Study design and setting
A cross-sectional interview survey was conducted in all 17 urban primary healthcare centres in Bhubaneswar, the capital city of Odisha with a population of 900,000 inhabitants.  The National Sample Survey Office (NSSO) in its report on social consumption of health has indicated that the public healthcare facilities in Odisha provide almost 72% of outpatient care for the population of the state.  The public health care system has a three-tier structure (primary, secondary and tertiary levels). Primary Health Care Centres are involved in delivering primary care while district hospitals and sub-divisional hospitals provide secondary care. Tertiary health care is provided by medical college hospitals.
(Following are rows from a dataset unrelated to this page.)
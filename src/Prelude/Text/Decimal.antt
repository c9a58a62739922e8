-- ===== src/Prelude/Text/Decimal.antt =====
-- A number can be read off its decimal text.
use Prim.Native.Char.{Char, code}
use Prim.Native.Nat.{ℕ, zero, suc, ◌+◌, ◌-◌, ◌*◌, ◌/◌, ◌%◌, ◌<◌}
use Prim.Native.String.{String, slice, ◌++◌}
use mathlib.Core.Path.{◌≡◌, refl, sym, ap, ◌∙◌}
use mathlib.Core.Logic.{inl, inr}
use native.Mathlib.Omega.{arith}
use text.Mathlib.TextLemmas.{cons-append, nil-append}
use wax_rng_oracle.Prelude.Tests.{ltb, Bool-cases}
use wax_rng_oracle.Prelude.Text.{digits, decimal}

read_on : ℕ → String → ℕ
read_on k String.[] = k
read_on k (String.◌∷◌ c s) = read_on (k * 10 + (code c - b'0')) s

read_on-cons :
    (c : Char) (k : ℕ) (rest : String)
    → read_on k (String.◌∷◌ c String.[] ++ rest) ≡ read_on (k * 10 + (code c - b'0')) rest
unfolding read_on
read_on-cons c k rest = rw (cons-append, nil-append) refl

read_on-digit :
    (d k : ℕ) (rest : String)
    → d < 10
    → read_on k (slice "0123456789abcdef" d (d + 1) ++ rest) ≡ read_on (k * 10 + d) rest
unfolding read_on
read_on-digit zero k rest h = read_on-cons "0" k rest
read_on-digit (suc zero) k rest h = read_on-cons "1" k rest
read_on-digit (suc (suc zero)) k rest h = read_on-cons "2" k rest
read_on-digit (suc (suc (suc zero))) k rest h = read_on-cons "3" k rest
read_on-digit (suc (suc (suc (suc zero)))) k rest h = read_on-cons "4" k rest
read_on-digit (suc (suc (suc (suc (suc zero))))) k rest h = read_on-cons "5" k rest
read_on-digit (suc (suc (suc (suc (suc (suc zero)))))) k rest h = read_on-cons "6" k rest
read_on-digit (suc (suc (suc (suc (suc (suc (suc zero))))))) k rest h = read_on-cons "7" k rest
read_on-digit (suc (suc (suc (suc (suc (suc (suc (suc zero)))))))) k rest h =
    read_on-cons "8" k rest
read_on-digit (suc (suc (suc (suc (suc (suc (suc (suc (suc zero))))))))) k rest h =
    read_on-cons "9" k rest
read_on-digit (suc (suc (suc (suc (suc (suc (suc (suc (suc (suc d)))))))))) k rest h =
    absurd (omega (arith, h))

digits-read :
    (fuel n : ℕ) (rest : String) → n < fuel → read_on 0 (digits 10 fuel n rest) ≡ read_on n rest
unfolding digits
digits-read zero n rest h = absurd (omega (arith, h))
digits-read (suc fuel) n rest h = elim (Bool-cases (ltb n 10)) [
  | inl small ↦ rw small (
      read_on-digit (n % 10) 0 rest (omega arith)
      ∙ ap (λ (k : ℕ). read_on k rest) (ground (arith, small)))
  | inr large ↦
      let next = slice "0123456789abcdef" (n % 10) (n % 10 + 1) ++ rest in
      rw large (
        digits-read fuel (n / 10) next (ground (arith, large, h))
        ∙ read_on-digit (n % 10) (n / 10) rest (omega arith)
        ∙ ap (λ (k : ℕ). read_on k rest) (omega arith))
]

-- Two numbers with one decimal text are equal.
pub decimal-injective : (n k : ℕ) → decimal n ≡ decimal k → n ≡ k
unfolding decimal read_on
decimal-injective n k e =
    sym (digits-read (suc n) n "" (omega arith))
    ∙ ap (read_on 0) e
    ∙ digits-read (suc k) k "" (omega arith)
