-- ===== src/Prelude/Powers.antt =====
-- Powers of two, which the retry delays and the back-off use.
use Prim.Native.Nat.{ℕ, zero, suc, ◌+◌, ◌*◌, ◌^◌, ◌≤◌, ◌<◌}
use mathlib.Core.Path.{◌≡◌, ap}
use native.Mathlib.Nat.{pow-suc, pow-zero, zero-add, suc-add, one-le-pow, pow-le-pow_right}
use native.Mathlib.Omega.{arith}
use wax_rng_oracle.Prelude.Tests.{ltb}

pub pow-add : (m n : ℕ) → 2 ^ (m + n) ≡ 2 ^ m * 2 ^ n
pow-add zero n = rw (zero-add, pow-zero) (omega arith)
pow-add (suc m) n =
    rw (suc-add, pow-suc 2 (m + n), pow-suc 2 m)
      (omega (arith, ap (λ (t : ℕ). t * 2) (pow-add m n)))

pub pow-pos : (n : ℕ) → 1 ≤ 2 ^ n
pow-pos n = one-le-pow n 2 (omega arith)

pow-lt-pow : (m n : ℕ) → m < n → 2 ^ m < 2 ^ n
pow-lt-pow m n h =
    omega
      (arith, pow-suc 2 m, pow-pos m, pow-le-pow_right {n = 2} (omega arith) {i = suc m} {j = n} h)

pow-le-pow : (m n : ℕ) → m ≤ n → 2 ^ m ≤ 2 ^ n
pow-le-pow m n h = pow-le-pow_right {n = 2} (omega arith) h

-- The order of two delays is the order of their exponents.
pub ltb-delay : (m n : ℕ) → ltb (500 * 2 ^ m) (2 ^ n * 500) ≡ ltb m n
ltb-delay m n = grind (arith, pow-lt-pow, pow-le-pow)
The data collection for the present study was conducted between September 2014 and February 2015 at the public primary healthcare facilities. The inclusion criteria for the study was type 2 diabetes patients (diagnosed as type 2 diabetes mellitus by a physician) with a diabetes duration of more than six months. Keeping in consideration the limited consultation hours in the healthcare facilities, every third eligible diabetes patient was approached to participate in the study. The inclusion criterion of at least six months of diabetes duration was applied for the diabetes patients as we needed information about healthcare utilisation for diabetes. The exclusion criteria for the study were severely ill diabetes patients or with acute health problems. Anonymised details of all diabetes patients who were excluded (age, gender, reason for exclusion) from the study, were recorded to compare the characteristics of the participants with the non-participants.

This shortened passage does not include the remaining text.